Pour la Libye, la situation est plus compliquée, Paris soutenant, en fait, l'initiative algérienne de réunir les factions libyennes et tenter d'arriver à «un cessez-le-feu» qui ouvrirait la voie au retour à la paix civile.

RELATIONS HUMAINES ASSAINIES

Le volet des relations humaines, entre les deux pays, a été, particulièrement, l'un des points forts de cette session, puisque les experts des deux pays ont, beaucoup, travaillé sur cet aspect important de la relation algéro-française. Il y a, d'abord, un constat : amélioration «de la mobilité et du séjour des Algériens en France et des Français en Algérie, et sont convenues de déployer leurs efforts pour les améliorer davantage». Sur ce point précis, auquel tiennent les Algériens comme les Français, les deux parties «se sont engagées à intensifier le dialogue (...) dans le but d'apporter des solutions précises aux difficultés concrètes que rencontrent, encore, leurs ressortissants». Dans ce sens, l'Algérie et la France «se sont, par ailleurs, engagées à examiner un accord portant facilitation de la circulation des personnes entre les deux pays». Autre aspect non moins important de cette relation algéro-française, qu'il fallait, à tout prix, résoudre : celui des biens immobiliers des Français restés en Algérie après l'indépendance nationale.
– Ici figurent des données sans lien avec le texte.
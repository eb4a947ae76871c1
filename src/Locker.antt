-- ===== src/Locker.antt =====
-- `shared_locker` of qbus/locker.h and qbus/locker.cpp: the state in shared memory, and the
-- operations that run under the guard of `m_lock`.
pub mod Threads
pub mod Counts
pub mod Exclusion
pub mod Spin
pub mod Barrier
pub mod Guard
pub mod Calls
pub mod Scoped
pub mod Sharable
use qbus.Prelude.{
  ℕ, ◌+◌, ◌-◌, ◌^◌, Bool, true, false, ◌&&◌, ◌==◌, ltb, if◌then◌else◌, Run, done, fault,
}

pub record Locker : Type 0 where
  pub scoped : ℕ
  pub sharable : ℕ

pub data LockState : Type 0 where
  ls_scoped : LockState
  ls_sharable : LockState
  ls_none : LockState

-- `UINT_MAX`
abbrev pub uint_max : ℕ
uint_max = 2 ^ 32 - 1

-- The constructor.
abbrev pub unlocked : Locker
unlocked = record { scoped = 0; sharable = 0 }

unfoldable pub try_book_lock : Locker → Locker × LockState
try_book_lock l =
    if l.scoped == 0
    then (record l { scoped = 1 }, if l.sharable == 0 then ls_none else ls_sharable)
    else (l, ls_scoped)

unfoldable pub count_sharable : Locker → ℕ
count_sharable l = l.sharable

unfoldable pub try_lock : Locker → Locker × Bool
try_lock l =
    if l.scoped == 0 && l.sharable == 0 then (record l { scoped = 1 }, true) else (l, false)

-- A failed assertion is a fault.
unfoldable pub unlock : Locker → Run Locker
unlock l = if l.scoped == 1 then done (record l { scoped = 0 }) else fault

unfoldable pub try_lock_sharable : Locker → Locker × Bool
try_lock_sharable l =
    if l.scoped == 0 && ltb l.sharable uint_max
    then (record l { sharable = l.sharable + 1 }, true)
    else (l, false)

unfoldable pub unlock_sharable : Locker → Run Locker
unlock_sharable l =
    if ltb 0 l.sharable then done (record l { sharable = l.sharable - 1 }) else fault
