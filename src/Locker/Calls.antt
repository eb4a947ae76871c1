-- ===== src/Locker/Calls.antt =====
-- The blocking and timed methods of `shared_locker` (qbus/locker.cpp) as they run while no other
-- thread moves, and the locker as the guards see it.
use qbus.Prelude.{
  ℕ, zero, suc, ◌+◌, Bool, true, false, ◌==◌, ltb, if◌then◌else◌, Run, done, spent, ◌>>=◌,
}
use qbus.Timespec
use qbus.Timespec.{Timespec}
use qbus.Locker
use qbus.Locker.{Locker, LockState, try_book_lock, count_sharable}
use qbus.Locker.Guard.{Lockable}

-- The inner loop of `lock`, `while (count_sharable() > 0)`.
unfoldable pub drain : ℕ → Locker → Run Locker
drain zero l = spent
drain (suc fuel) l = let rest = drain fuel l in if ltb 0 (count_sharable l) then rest else done l

unfoldable pub lock : ℕ → Locker → Run Locker
lock zero l = spent
lock (suc fuel) l =
    let (l', state) = try_book_lock l in
    let again = lock fuel l' in
    elim state [
      | LockState.ls_none ↦ done l'
      | LockState.ls_scoped ↦ again
      | LockState.ls_sharable ↦ drain fuel l'
    ]

unfoldable pub lock_sharable : ℕ → Locker → Run Locker
lock_sharable zero l = spent
lock_sharable (suc fuel) l =
    let (l', won) = Locker.try_lock_sharable l in
    let again = lock_sharable fuel l' in if won then done l' else again

-- A locker, and how often the thread has read the clock.
pub record Timed : Type 0 where
  pub locker : Locker
  pub ticks : ℕ

module _ (clock : ℕ → Timespec) where
  abbrev pub is_early : Timespec → Timed → Bool
  is_early ts t = Timespec.lt (clock t.ticks) ts

  abbrev pub tick : Timed → Timed
  tick t = record t { ticks = t.ticks + 1 }

  -- The inner loop of `timed_lock`, and the `unlock` behind it.
  unfoldable pub timed_drain : ℕ → Timespec → Timed → Run (Timed × Bool)
  timed_drain zero ts t = spent
  timed_drain (suc fuel) ts t =
      let rest = timed_drain fuel ts (tick t) in
      let left = Locker.unlock t.locker >>= λ l. done (record (tick t) { locker = l }, false) in
      if is_early ts t
      then if count_sharable t.locker == 0 then done (tick t, true) else rest
      else left

  unfoldable pub timed_rounds : ℕ → Timespec → Timed → Run (Timed × Bool)
  timed_rounds zero ts t = spent
  timed_rounds (suc fuel) ts t =
      let (l, state) = try_book_lock t.locker in
      let t' : Timed = record (tick t) { locker = l } in
      let again = timed_rounds fuel ts t' in
      let tried : Run (Timed × Bool) = elim state [
        | LockState.ls_none ↦ done (t', true)
        | LockState.ls_scoped ↦ again
        | LockState.ls_sharable ↦ timed_drain fuel ts t'
      ] in
      if is_early ts t then tried else done (tick t, false)

  unfoldable pub timed_lock : ℕ → Timed → Timespec → Run (Timed × Bool)
  timed_lock fuel t timeout = timed_rounds fuel (Timespec.add (clock t.ticks) timeout) (tick t)

  unfoldable pub sharable_rounds : ℕ → Timespec → Timed → Run (Timed × Bool)
  sharable_rounds zero ts t = spent
  sharable_rounds (suc fuel) ts t =
      let (l, won) = Locker.try_lock_sharable t.locker in
      let t' : Timed = record (tick t) { locker = l } in
      let again = sharable_rounds fuel ts t' in
      if is_early ts t then if won then done (t', true) else again else done (tick t, false)

  unfoldable pub timed_lock_sharable : ℕ → Timed → Timespec → Run (Timed × Bool)
  timed_lock_sharable fuel t timeout =
      sharable_rounds fuel (Timespec.add (clock t.ticks) timeout) (tick t)

  abbrev pub on_locker : Timed → Run Locker → Run Timed
  on_locker t out = out >>= λ l. done (record t { locker = l })

  -- What the guards call.
  abbrev pub lockable : ℕ → Lockable Timed Timespec
  lockable fuel = record {
    lock = λ t. on_locker t (lock fuel t.locker);
    try_lock = λ t.
        done (record t { locker = (Locker.try_lock t.locker).0 }, (Locker.try_lock t.locker).1);
    timed_lock = timed_lock fuel;
    unlock = λ t. on_locker t (Locker.unlock t.locker);
    lock_sharable = λ t. on_locker t (lock_sharable fuel t.locker);
    try_lock_sharable = λ t. done (
      record t { locker = (Locker.try_lock_sharable t.locker).0 },
      (Locker.try_lock_sharable t.locker).1,
    );
    timed_lock_sharable = timed_lock_sharable fuel;
    unlock_sharable = λ t. on_locker t (Locker.unlock_sharable t.locker);
  }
Il s'agit, notamment, des biens immobiliers appartenant à cette frange de la population, en Algérie, qui veut, à l'instar des Algériens, les acquérir, légalement, dans le cadre de la loi algérienne. Un groupe de travail a été mis en place et devrait «trouver des solutions satisfaisantes, dans le cadre de la législation algérienne en vigueur», note le communiqué conjoint.

Sur le volet politique, par ailleurs, l'Algérie et la France, sans surprise, ont réaffirmé leur volonté commune «d'approfondir leur dialogue politique». Il s'agit d'une relation forte que les deux pays veulent entretenir et cultiver, avec leur «convergence de vues, sur l'ensemble des questions régionales et internationales d'intérêt commun».

La visite de M. Sellal, en France, a confirmé que l'Algérie et la France maintiennent le cap d'une relation rénovée, innovatrice et fondée, d'abord, sur un avenir commun, mais surtout une histoire commune, à dépoussiérer, seulement, des scories des exactions de la colonisation française en Algérie, estiment des observateurs.